Avrupa'nın taçsız hükümdarları Swift, Defoe, Voltaire, Schiller, Goethe (Aydınlanma'nın en ünlü temsilcileri), insanlığı makul eylemlere, eylemlere ve yaşam tarzlarına çağırdı. Örneğin Diderot, "insan zihninin tüm bilgi alanlarında ve her zaman gösterdiği çabaların genel resmini tasvir etmek istiyordu. Voltaire, devlet çıkarlarının, insanda ve onun yasalarında hakim olan kişisel çıkarların üzerinde olması gerektiğini savundu. hayat mantık açısından açıklanır. İnsan, doğanın çeşitli yetenek ve yeteneklerle bahşettiği mükemmel bir yaratıktır. Eylemlerinden kendisi sorumlu olmalı ve eylemleri, iyilik veya cezayı hesaba katmadan özgür olmalıdır. olası hatalar için.

Hükümdar, yalnızca kendi iradesini tanıyan bir despot gibi değil, “aydınlanmış bir hükümdar” olarak, yani akılcı ve adil bir şekilde, yasalara göre liderlik etmelidir. Hayatın anlamına dair yeni bir anlayış ortaya çıkıyor.

Aydınlanmacı'ya aralarındaki eski ilişki öyleymiş gibi geldi; insanlar aptaldı ve doğal değildi. Aydınlatıcılara göre hem temel akıl hem de doğanın kendisi, tüm insanların doğuştan eşit olduğunu öne sürüyor. 18. yüzyılda “Doğal insan” fikri çok popüler oldu. Aydınlanmacılar feodal ilişkilerin tasfiyesini (ve burjuva sisteminin kurulmasını) doğaya bir dönüş, insanda normal, doğal niteliklerin açığa çıkması olarak görüyorlardı. Normal bir insan olan "doğal insan", kendisi ve hakları hakkındaki çarpık fikirleriyle asilzadeyle tezat oluşturuyordu. Bu insan görüşü, 18. yüzyıl yazarlarının sanatsal yöntemini büyük ölçüde belirledi. Aydınlanma yazarları için klasik modeller, antik Yunan ve Roma sanatının harika eserleriydi. Aynı zamanda, o dönemin ülkesinin sosyo-politik yapısının, insanlar arasındaki normal ilişkilere ilişkin makul kavramlara uymadığını, bu nedenle birçok yazarın eserlerinde eleştirel temaların ve motiflerin geliştiğini de belirtmek gerekir.

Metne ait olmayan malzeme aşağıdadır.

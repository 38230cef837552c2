-- ===== src/Aggregate/Health.antt =====
-- aggregate/metrics.rs: the collection-health taxonomy.
use gh_report.Prelude.{
  ℕ, Bool, true, false, List, [], ◌∷◌, ◌++◌, if◌then◌else◌, ltb, leb, ◌==◌, ◌&&◌, ◌||◌, sort_by,
}
use gh_report.Metrics.{saturating_add, CollectionHealthCheckKind, CollectionHealthCount}
use gh_report.Evidence.{RepositoryEvidence}
use gh_report.Checks.Score.{IndeterminateReason, CollectionFailureReason}
use gh_report.Checks.SecretScanning
use gh_report.Checks.SecretScanning.{SecretScanningStatus}
use gh_report.Checks.BranchProtection.{BranchProtectionResult, HistoryProtectionGap}
use gh_report.Aggregate.Counts.{count_statuses}

pub record CollectionHealthTaxonomyCounts : Type 0 where
  pub secret_scanning_permission_denied : ℕ
  pub branch_protection_permission_suspected : ℕ
  pub branch_protection_not_found_absent : ℕ
  pub branch_protection_permission_denied : ℕ
  pub branch_protection_transient : ℕ
  pub branch_protection_rate_limited : ℕ
  pub branch_protection_invalid : ℕ

abbrev pub taxonomy_default : CollectionHealthTaxonomyCounts
taxonomy_default = record {
  secret_scanning_permission_denied = 0;
  branch_protection_permission_suspected = 0;
  branch_protection_not_found_absent = 0;
  branch_protection_permission_denied = 0;
  branch_protection_transient = 0;
  branch_protection_rate_limited = 0;
  branch_protection_invalid = 0;
}

abbrev count_reason :
    IndeterminateReason → CollectionHealthTaxonomyCounts → CollectionHealthTaxonomyCounts
count_reason IndeterminateReason.permission_denied c = record c {
  branch_protection_permission_denied = saturating_add c.branch_protection_permission_denied 1;
}
count_reason IndeterminateReason.permission_suspected c = record c {
  branch_protection_permission_suspected =
      saturating_add c.branch_protection_permission_suspected 1;
}
count_reason IndeterminateReason.transient c = record c {
  branch_protection_transient = saturating_add c.branch_protection_transient 1;
}
count_reason IndeterminateReason.rate_limited c = record c {
  branch_protection_rate_limited = saturating_add c.branch_protection_rate_limited 1;
}
count_reason IndeterminateReason.invalid c = record c {
  branch_protection_invalid = saturating_add c.branch_protection_invalid 1;
}
count_reason IndeterminateReason.pending c = c

abbrev count_branch :
    BranchProtectionResult → CollectionHealthTaxonomyCounts → CollectionHealthTaxonomyCounts
count_branch (BranchProtectionResult.unobservable branch reason http_status timestamp) c =
    count_reason reason c
count_branch
      (BranchProtectionResult.unprotected branch
        (HistoryProtectionGap.absent true status)
        timestamp)
      c =
    record c {
      branch_protection_not_found_absent = saturating_add c.branch_protection_not_found_absent 1;
    }
count_branch (BranchProtectionResult.unprotected branch gap timestamp) c = c
count_branch (BranchProtectionResult.protected branch timestamp) c = c

abbrev is_denied : SecretScanningStatus → Bool
is_denied SecretScanningStatus.permission_denied = true
is_denied _ = false

unfoldable pub classify_health :
    RepositoryEvidence → CollectionHealthTaxonomyCounts → CollectionHealthTaxonomyCounts
unfolding SecretScanning.status
classify_health repo c = count_branch repo.checks.branch_protection (
    if is_denied (SecretScanning.status repo.checks.secret_scanning)
    then record c {
      secret_scanning_permission_denied = saturating_add c.secret_scanning_permission_denied 1;
    }
    else c)

unfoldable pub count_collection_health_reasons :
    List RepositoryEvidence → CollectionHealthTaxonomyCounts
unfolding count_statuses classify_health
count_collection_health_reasons = count_statuses classify_health taxonomy_default

abbrev push_collection_health_count :
    List CollectionHealthCount
    → CollectionHealthCheckKind
    → CollectionFailureReason
    → ℕ
    → List CollectionHealthCount
push_collection_health_count counts kind why n =
    if ltb 0 n then counts ++ record { check_kind = kind; reason = why; count = n } ∷ [] else counts

-- the discriminants, by which the derived orders compare
abbrev kind_rank : CollectionHealthCheckKind → ℕ
kind_rank CollectionHealthCheckKind.branch_protection = 0
kind_rank CollectionHealthCheckKind.secret_scanning = 1
kind_rank CollectionHealthCheckKind.dependabot = 2
kind_rank CollectionHealthCheckKind.codeowners = 3
kind_rank CollectionHealthCheckKind.security_policy = 4
kind_rank CollectionHealthCheckKind.inventory = 5
kind_rank CollectionHealthCheckKind.rulesets = 6

abbrev reason_rank : CollectionFailureReason → ℕ
reason_rank CollectionFailureReason.permission_denied = 0
reason_rank CollectionFailureReason.permission_suspected = 1
reason_rank CollectionFailureReason.not_found_absent = 2
reason_rank CollectionFailureReason.transient = 3
reason_rank CollectionFailureReason.rate_limited = 4
reason_rank CollectionFailureReason.invalid = 5

abbrev health_leb : CollectionHealthCount → CollectionHealthCount → Bool
health_leb a b =
    ltb (kind_rank a.check_kind) (kind_rank b.check_kind)
    || (kind_rank a.check_kind == kind_rank b.check_kind
        && leb (reason_rank a.reason) (reason_rank b.reason))

unfoldable pub into_counts : CollectionHealthTaxonomyCounts → List CollectionHealthCount
unfolding sort_by
into_counts t =
    let scanning = CollectionHealthCheckKind.secret_scanning in
    let branch = CollectionHealthCheckKind.branch_protection in
    let c1 =
      push_collection_health_count [] scanning CollectionFailureReason.permission_denied
        t.secret_scanning_permission_denied in
    let c2 =
      push_collection_health_count c1 branch CollectionFailureReason.permission_suspected
        t.branch_protection_permission_suspected in
    let c3 =
      push_collection_health_count c2 branch CollectionFailureReason.not_found_absent
        t.branch_protection_not_found_absent in
    let c4 =
      push_collection_health_count c3 branch CollectionFailureReason.permission_denied
        t.branch_protection_permission_denied in
    let c5 =
      push_collection_health_count c4 branch CollectionFailureReason.transient
        t.branch_protection_transient in
    let c6 =
      push_collection_health_count c5 branch CollectionFailureReason.rate_limited
        t.branch_protection_rate_limited in
    let c7 =
      push_collection_health_count c6 branch CollectionFailureReason.invalid
        t.branch_protection_invalid in
    sort_by health_leb c7
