-- ===== src/Aggregate/Coverage.antt =====
-- aggregate/metrics.rs: the exclusion tallies and the coverage rates that are computed from the
-- counts.
use gh_report.Prelude.{
  ℕ, Bool, ◌&&◌, ◌||◌, List, [], ◌∷◌, ◌++◌, codes, if◌then◌else◌, ltb, ◌==◌, Text,
}
use gh_report.Metrics.{
  saturating_add, RateMetric, new_rate, with_extra, PolicyCounts, SecretScanningCounts,
  DependabotCounts, BranchProtectionCounts, CodeownersCounts, SecretAlertCounts,
  CollectionHealthCheckKind, ScoreExclusionCount,
}
use gh_report.Evidence.{RepositoryEvidence}
use gh_report.Checks.Score.{ExclusionReason, ScoreCategory}
use gh_report.Checks.BranchProtection
use gh_report.Aggregate.Health.{CollectionHealthTaxonomyCounts}

pub record ExclusionTally : Type 0 where
  pub permission_denied : ℕ
  pub unknown : ℕ
  pub not_applicable : ℕ
  pub other : ℕ

abbrev pub tally_default : ExclusionTally
tally_default = record { permission_denied = 0; unknown = 0; not_applicable = 0; other = 0 }

abbrev pub has_measurement_failure : ExclusionTally → Bool
has_measurement_failure t = ltb 0 t.permission_denied || (ltb 0 t.unknown || ltb 0 t.other)

abbrev pub record_reason : ExclusionReason → ExclusionTally → ExclusionTally
record_reason ExclusionReason.permission_denied t = record t {
  permission_denied = saturating_add t.permission_denied 1;
}
record_reason ExclusionReason.unknown t = record t { unknown = saturating_add t.unknown 1 }
record_reason ExclusionReason.not_applicable t = record t {
  not_applicable = saturating_add t.not_applicable 1;
}
record_reason ExclusionReason.other t = record t { other = saturating_add t.other 1 }

abbrev pub push_count :
    CollectionHealthCheckKind
    → ExclusionReason
    → ℕ
    → List ScoreExclusionCount
    → List ScoreExclusionCount
push_count kind why n out =
    if ltb 0 n then out ++ record { check_kind = kind; reason = why; count = n } ∷ [] else out

unfoldable pub push_counts :
    ExclusionTally → CollectionHealthCheckKind → List ScoreExclusionCount → List ScoreExclusionCount
push_counts t kind out = push_count kind ExclusionReason.other t.other (
    push_count kind ExclusionReason.not_applicable t.not_applicable (
      push_count kind ExclusionReason.unknown t.unknown
        (push_count kind ExclusionReason.permission_denied t.permission_denied out)))

unfoldable pub coverage_metric : ℕ → ℕ → ExclusionTally → RateMetric
coverage_metric pass fail tally =
    let denominator = saturating_add pass fail in
    if denominator == 0 && has_measurement_failure tally
    then new_rate 0 1
    else new_rate pass denominator

abbrev pub exclusion_tally_from_policy : PolicyCounts → ExclusionTally
exclusion_tally_from_policy c = record tally_default { unknown = c.unknown }

abbrev pub exclusion_tally_from_secret_scanning : SecretScanningCounts → ExclusionTally
exclusion_tally_from_secret_scanning c = record tally_default {
  permission_denied = c.permission_denied;
  unknown = c.unknown;
}

abbrev pub exclusion_tally_from_dependabot : DependabotCounts → ExclusionTally
exclusion_tally_from_dependabot c = record tally_default { unknown = c.unknown }

abbrev pub exclusion_tally_from_codeowners : CodeownersCounts → ExclusionTally
exclusion_tally_from_codeowners c = record tally_default { unknown = c.unknown }

abbrev pub record_exclusion : ScoreCategory → ExclusionTally → ExclusionTally
record_exclusion ScoreCategory.pass t = t
record_exclusion ScoreCategory.fail t = t
record_exclusion (ScoreCategory.excluded reason) t = record_reason reason t

unfoldable pub classify_branch_exclusion : RepositoryEvidence → ExclusionTally → ExclusionTally
unfolding BranchProtection.score
classify_branch_exclusion repo =
    record_exclusion (BranchProtection.score repo.checks.branch_protection)

pub record CoverageMetrics : Type 0 where
  pub security_policy : RateMetric
  pub secret_scanning : RateMetric
  pub dependabot : RateMetric
  pub open_secret_alerts : RateMetric
  pub branch_protection : RateMetric
  pub codeowners : RateMetric

pub record CoverageInputs : Type 0 where
  pub policy_counts : PolicyCounts
  pub secret_counts : SecretScanningCounts
  pub dependabot_counts : DependabotCounts
  pub branch_counts : BranchProtectionCounts
  pub codeowners_counts : CodeownersCounts
  pub secret_alert_counts : SecretAlertCounts
  pub taxonomy : CollectionHealthTaxonomyCounts
  pub alert_observable_enabled : ℕ
  pub policy_tally : ExclusionTally
  pub secret_tally : ExclusionTally
  pub dependabot_tally : ExclusionTally
  pub branch_tally : ExclusionTally
  pub codeowners_tally : ExclusionTally

-- `.with_extra` once for each pair, in their order
abbrev pub with_extras : List (Text × ℕ) → RateMetric → RateMetric
with_extras [] m = m
with_extras ((key, value) ∷ rest) m = with_extras rest (with_extra key value m)

abbrev pub secret_scanning_extras : CoverageInputs → List (Text × ℕ)
secret_scanning_extras input =
    let c = input.secret_counts in
    (codes "disabled", c.disabled)
    ∷ (codes "permission_denied", c.permission_denied)
    ∷ (codes "unknown", c.unknown)
    ∷ (codes "observable_repositories", saturating_add c.enabled c.disabled)
    ∷ (
      codes "collection_health_secret_scanning_permission_denied",
      input.taxonomy.secret_scanning_permission_denied,
    )
    ∷ []

unfoldable pub secret_scanning_coverage : CoverageInputs → RateMetric
unfolding coverage_metric with_extra
secret_scanning_coverage input =
    let c = input.secret_counts in
    with_extras (secret_scanning_extras input)
      (coverage_metric c.enabled c.disabled input.secret_tally)

abbrev pub dependabot_extras : CoverageInputs → List (Text × ℕ)
dependabot_extras input =
    let c = input.dependabot_counts in
    let non_enabled = saturating_add c.paused c.disabled in
    (codes "paused", c.paused)
    ∷ (codes "disabled", c.disabled)
    ∷ (codes "unknown", c.unknown)
    ∷ (codes "observable_repositories", saturating_add c.enabled non_enabled)
    ∷ []

unfoldable pub dependabot_coverage : CoverageInputs → RateMetric
unfolding coverage_metric with_extra
dependabot_coverage input =
    let c = input.dependabot_counts in
    let non_enabled = saturating_add c.paused c.disabled in
    with_extras (dependabot_extras input)
      (coverage_metric c.enabled non_enabled input.dependabot_tally)

unfoldable pub open_secret_alert_prevalence : CoverageInputs → RateMetric
unfolding new_rate with_extra
open_secret_alert_prevalence input =
    with_extras
      ((codes "repos_without_open_alerts", input.secret_alert_counts.repos_without_open_alerts)
        ∷ (codes "unobservable", input.secret_alert_counts.unobservable)
        ∷ [])
      (new_rate input.secret_alert_counts.repos_with_open_alerts input.alert_observable_enabled)

abbrev pub branch_protection_extras : CoverageInputs → List (Text × ℕ)
branch_protection_extras input =
    let c = input.branch_counts in
    (codes "insufficient", c.fail)
    ∷ (codes "unknown", c.unknown)
    ∷ (codes "observable_repositories", saturating_add c.pass c.fail)
    ∷ (
      codes "collection_health_branch_protection_permission_suspected",
      input.taxonomy.branch_protection_permission_suspected,
    )
    ∷ (
      codes "collection_health_branch_protection_not_found_absent",
      input.taxonomy.branch_protection_not_found_absent,
    )
    ∷ []

unfoldable pub branch_protection_coverage : CoverageInputs → RateMetric
unfolding coverage_metric with_extra
branch_protection_coverage input =
    let c = input.branch_counts in
    with_extras (branch_protection_extras input) (coverage_metric c.pass c.fail input.branch_tally)

abbrev pub codeowners_extras : CoverageInputs → List (Text × ℕ)
codeowners_extras input =
    let c = input.codeowners_counts in
    let present = saturating_add c.conforming c.non_conforming in
    (codes "non_conforming", c.non_conforming)
    ∷ (codes "absent", c.absent)
    ∷ (codes "unknown", c.unknown)
    ∷ (codes "truncated", c.truncated)
    ∷ (codes "observable_repositories", saturating_add present c.absent)
    ∷ []

unfoldable pub codeowners_coverage : CoverageInputs → RateMetric
unfolding coverage_metric with_extra
codeowners_coverage input =
    let c = input.codeowners_counts in
    let present = saturating_add c.conforming c.non_conforming in
    with_extras (codeowners_extras input) (coverage_metric present c.absent input.codeowners_tally)

abbrev pub security_policy_extras : CoverageInputs → List (Text × ℕ)
security_policy_extras input =
    let c = input.policy_counts in
    let policy_pass = saturating_add c.via_setting c.via_file in
    (codes "observable_repositories", saturating_add policy_pass c.missing)
    ∷ (codes "unknown", c.unknown)
    ∷ []

unfoldable pub security_policy_coverage : CoverageInputs → RateMetric
unfolding coverage_metric with_extra
security_policy_coverage input =
    let c = input.policy_counts in
    let policy_pass = saturating_add c.via_setting c.via_file in
    with_extras (security_policy_extras input)
      (coverage_metric policy_pass c.missing input.policy_tally)

unfoldable pub build_coverage_metrics : CoverageInputs → CoverageMetrics
unfolding security_policy_coverage secret_scanning_coverage dependabot_coverage
    open_secret_alert_prevalence branch_protection_coverage codeowners_coverage
build_coverage_metrics input = record {
  security_policy = security_policy_coverage input;
  secret_scanning = secret_scanning_coverage input;
  dependabot = dependabot_coverage input;
  open_secret_alerts = open_secret_alert_prevalence input;
  branch_protection = branch_protection_coverage input;
  codeowners = codeowners_coverage input;
}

İngiliz yazarlar Daniel Defoe ("Robinson Crusoe"), Jonathan Swift (& #;. Fransız edebiyatında duygusallığa başladı. Çağdaşları üzerindeki etkisi neredeyse büyülüydü. "İtiraflar"da Rousseau'nun hanım monitör kertenkelesiyle çıktığı mutlu yolculuğundan bahsediyoruz. Çalıların arasında mavi bir deniz salyangozu çiçeği görünce haykırdı: "Ah! Evet, bu bir deniz salyangozu açıyor!" Rousseau bu kadını sevdi ama hayat onları ayırdı ve 18 yıl sonra deniz salyangozu görünce o anı hatırladı. sevgisi ve haykırdı: "Ve ben yaşadım." Bu iki ifade popüler oldu.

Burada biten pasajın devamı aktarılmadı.